--- Task instructions ---
Write out exactly the lines of the entries below from the one holding "(laws.member-set_member j k i v o)" to the one holding "member-status_document env w i", inclusive, and leave out all other lines.

--- Data shown ---
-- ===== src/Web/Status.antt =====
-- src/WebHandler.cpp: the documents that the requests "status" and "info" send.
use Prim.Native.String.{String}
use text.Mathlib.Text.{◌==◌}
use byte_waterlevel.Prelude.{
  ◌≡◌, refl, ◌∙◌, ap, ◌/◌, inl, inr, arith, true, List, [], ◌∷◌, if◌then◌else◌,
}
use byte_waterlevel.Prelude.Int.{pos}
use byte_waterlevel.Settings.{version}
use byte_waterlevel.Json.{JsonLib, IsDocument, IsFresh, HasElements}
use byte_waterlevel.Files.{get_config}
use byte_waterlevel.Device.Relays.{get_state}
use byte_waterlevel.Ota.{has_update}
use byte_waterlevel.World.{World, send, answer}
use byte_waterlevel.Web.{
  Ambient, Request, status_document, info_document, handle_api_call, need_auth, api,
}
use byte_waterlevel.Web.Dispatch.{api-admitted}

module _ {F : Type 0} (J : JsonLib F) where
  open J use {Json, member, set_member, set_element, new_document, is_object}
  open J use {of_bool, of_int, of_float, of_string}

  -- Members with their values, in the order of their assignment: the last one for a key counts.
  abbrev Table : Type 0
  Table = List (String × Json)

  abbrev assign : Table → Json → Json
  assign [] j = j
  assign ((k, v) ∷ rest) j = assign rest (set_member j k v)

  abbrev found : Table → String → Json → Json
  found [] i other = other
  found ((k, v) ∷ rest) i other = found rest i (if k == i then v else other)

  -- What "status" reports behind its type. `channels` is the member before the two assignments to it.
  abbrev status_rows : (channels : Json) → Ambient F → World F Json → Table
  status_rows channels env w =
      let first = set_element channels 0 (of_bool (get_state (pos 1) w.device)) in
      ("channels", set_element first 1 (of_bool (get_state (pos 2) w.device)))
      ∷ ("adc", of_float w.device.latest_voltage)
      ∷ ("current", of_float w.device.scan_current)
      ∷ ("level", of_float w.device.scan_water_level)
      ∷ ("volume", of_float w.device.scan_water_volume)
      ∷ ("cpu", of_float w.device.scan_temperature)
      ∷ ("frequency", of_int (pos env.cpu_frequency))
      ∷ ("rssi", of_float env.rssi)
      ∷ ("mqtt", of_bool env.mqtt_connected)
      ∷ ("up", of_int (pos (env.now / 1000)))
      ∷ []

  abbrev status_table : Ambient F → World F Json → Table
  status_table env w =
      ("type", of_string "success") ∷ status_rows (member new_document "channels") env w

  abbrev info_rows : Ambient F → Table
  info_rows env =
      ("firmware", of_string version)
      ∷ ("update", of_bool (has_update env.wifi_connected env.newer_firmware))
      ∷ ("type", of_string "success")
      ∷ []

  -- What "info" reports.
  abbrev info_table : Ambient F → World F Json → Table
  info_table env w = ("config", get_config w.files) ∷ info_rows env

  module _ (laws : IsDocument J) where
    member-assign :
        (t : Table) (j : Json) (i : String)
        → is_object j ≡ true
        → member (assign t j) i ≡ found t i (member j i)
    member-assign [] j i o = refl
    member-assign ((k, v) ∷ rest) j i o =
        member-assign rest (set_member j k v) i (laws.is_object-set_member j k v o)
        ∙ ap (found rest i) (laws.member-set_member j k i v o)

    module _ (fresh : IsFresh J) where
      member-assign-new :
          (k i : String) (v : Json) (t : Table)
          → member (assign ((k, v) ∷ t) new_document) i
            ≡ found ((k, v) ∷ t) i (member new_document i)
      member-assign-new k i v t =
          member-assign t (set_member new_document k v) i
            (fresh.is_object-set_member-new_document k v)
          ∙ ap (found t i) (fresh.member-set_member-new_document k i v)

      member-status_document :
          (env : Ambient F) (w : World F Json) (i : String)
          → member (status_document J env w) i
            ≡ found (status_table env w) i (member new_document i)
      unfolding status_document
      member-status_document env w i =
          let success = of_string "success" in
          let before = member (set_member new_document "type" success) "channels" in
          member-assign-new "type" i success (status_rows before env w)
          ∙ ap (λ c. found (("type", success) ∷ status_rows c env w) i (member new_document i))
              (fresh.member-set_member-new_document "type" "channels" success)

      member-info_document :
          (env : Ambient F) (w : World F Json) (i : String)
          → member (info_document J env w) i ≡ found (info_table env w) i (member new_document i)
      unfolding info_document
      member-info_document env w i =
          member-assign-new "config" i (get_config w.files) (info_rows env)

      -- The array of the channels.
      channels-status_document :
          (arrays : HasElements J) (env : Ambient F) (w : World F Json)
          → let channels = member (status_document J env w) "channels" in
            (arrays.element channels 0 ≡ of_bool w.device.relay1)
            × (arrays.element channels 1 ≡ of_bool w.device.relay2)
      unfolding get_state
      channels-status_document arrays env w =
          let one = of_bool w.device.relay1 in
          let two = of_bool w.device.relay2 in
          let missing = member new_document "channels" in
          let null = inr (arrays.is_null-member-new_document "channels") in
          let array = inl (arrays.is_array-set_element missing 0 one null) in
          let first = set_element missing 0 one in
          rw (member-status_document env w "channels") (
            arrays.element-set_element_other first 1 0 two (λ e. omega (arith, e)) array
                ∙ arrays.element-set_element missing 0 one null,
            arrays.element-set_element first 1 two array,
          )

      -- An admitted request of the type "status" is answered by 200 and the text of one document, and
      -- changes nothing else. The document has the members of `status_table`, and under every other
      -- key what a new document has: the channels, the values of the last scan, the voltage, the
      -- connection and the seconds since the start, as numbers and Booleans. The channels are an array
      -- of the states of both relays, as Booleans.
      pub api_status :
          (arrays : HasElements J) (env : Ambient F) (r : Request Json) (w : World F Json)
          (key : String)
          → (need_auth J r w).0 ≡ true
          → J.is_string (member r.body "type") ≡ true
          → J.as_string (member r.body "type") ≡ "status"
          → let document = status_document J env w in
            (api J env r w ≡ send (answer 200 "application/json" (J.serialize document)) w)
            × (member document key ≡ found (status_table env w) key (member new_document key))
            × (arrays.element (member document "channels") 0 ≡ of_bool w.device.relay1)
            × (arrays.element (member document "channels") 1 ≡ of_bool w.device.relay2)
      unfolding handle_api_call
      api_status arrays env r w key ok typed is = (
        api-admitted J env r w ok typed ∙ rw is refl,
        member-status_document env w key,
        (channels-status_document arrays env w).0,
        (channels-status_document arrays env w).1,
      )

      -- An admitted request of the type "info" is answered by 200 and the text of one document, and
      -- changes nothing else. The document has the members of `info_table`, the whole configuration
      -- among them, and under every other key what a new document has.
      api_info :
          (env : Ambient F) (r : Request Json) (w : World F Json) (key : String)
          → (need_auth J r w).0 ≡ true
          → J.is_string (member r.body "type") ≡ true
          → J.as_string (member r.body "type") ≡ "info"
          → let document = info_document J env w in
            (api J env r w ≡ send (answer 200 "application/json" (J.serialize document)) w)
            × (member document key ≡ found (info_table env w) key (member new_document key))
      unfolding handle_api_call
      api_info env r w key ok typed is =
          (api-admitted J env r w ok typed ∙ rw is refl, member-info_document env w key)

--- Worked solution ---
        ∙ ap (found rest i) (laws.member-set_member j k i v o)

    module _ (fresh : IsFresh J) where
      member-assign-new :
          (k i : String) (v : Json) (t : Table)
          → member (assign ((k, v) ∷ t) new_document) i
            ≡ found ((k, v) ∷ t) i (member new_document i)
      member-assign-new k i v t =
          member-assign t (set_member new_document k v) i
            (fresh.is_object-set_member-new_document k v)
          ∙ ap (found t i) (fresh.member-set_member-new_document k i v)

      member-status_document :
          (env : Ambient F) (w : World F Json) (i : String)
          → member (status_document J env w) i
            ≡ found (status_table env w) i (member new_document i)
      unfolding status_document
      member-status_document env w i =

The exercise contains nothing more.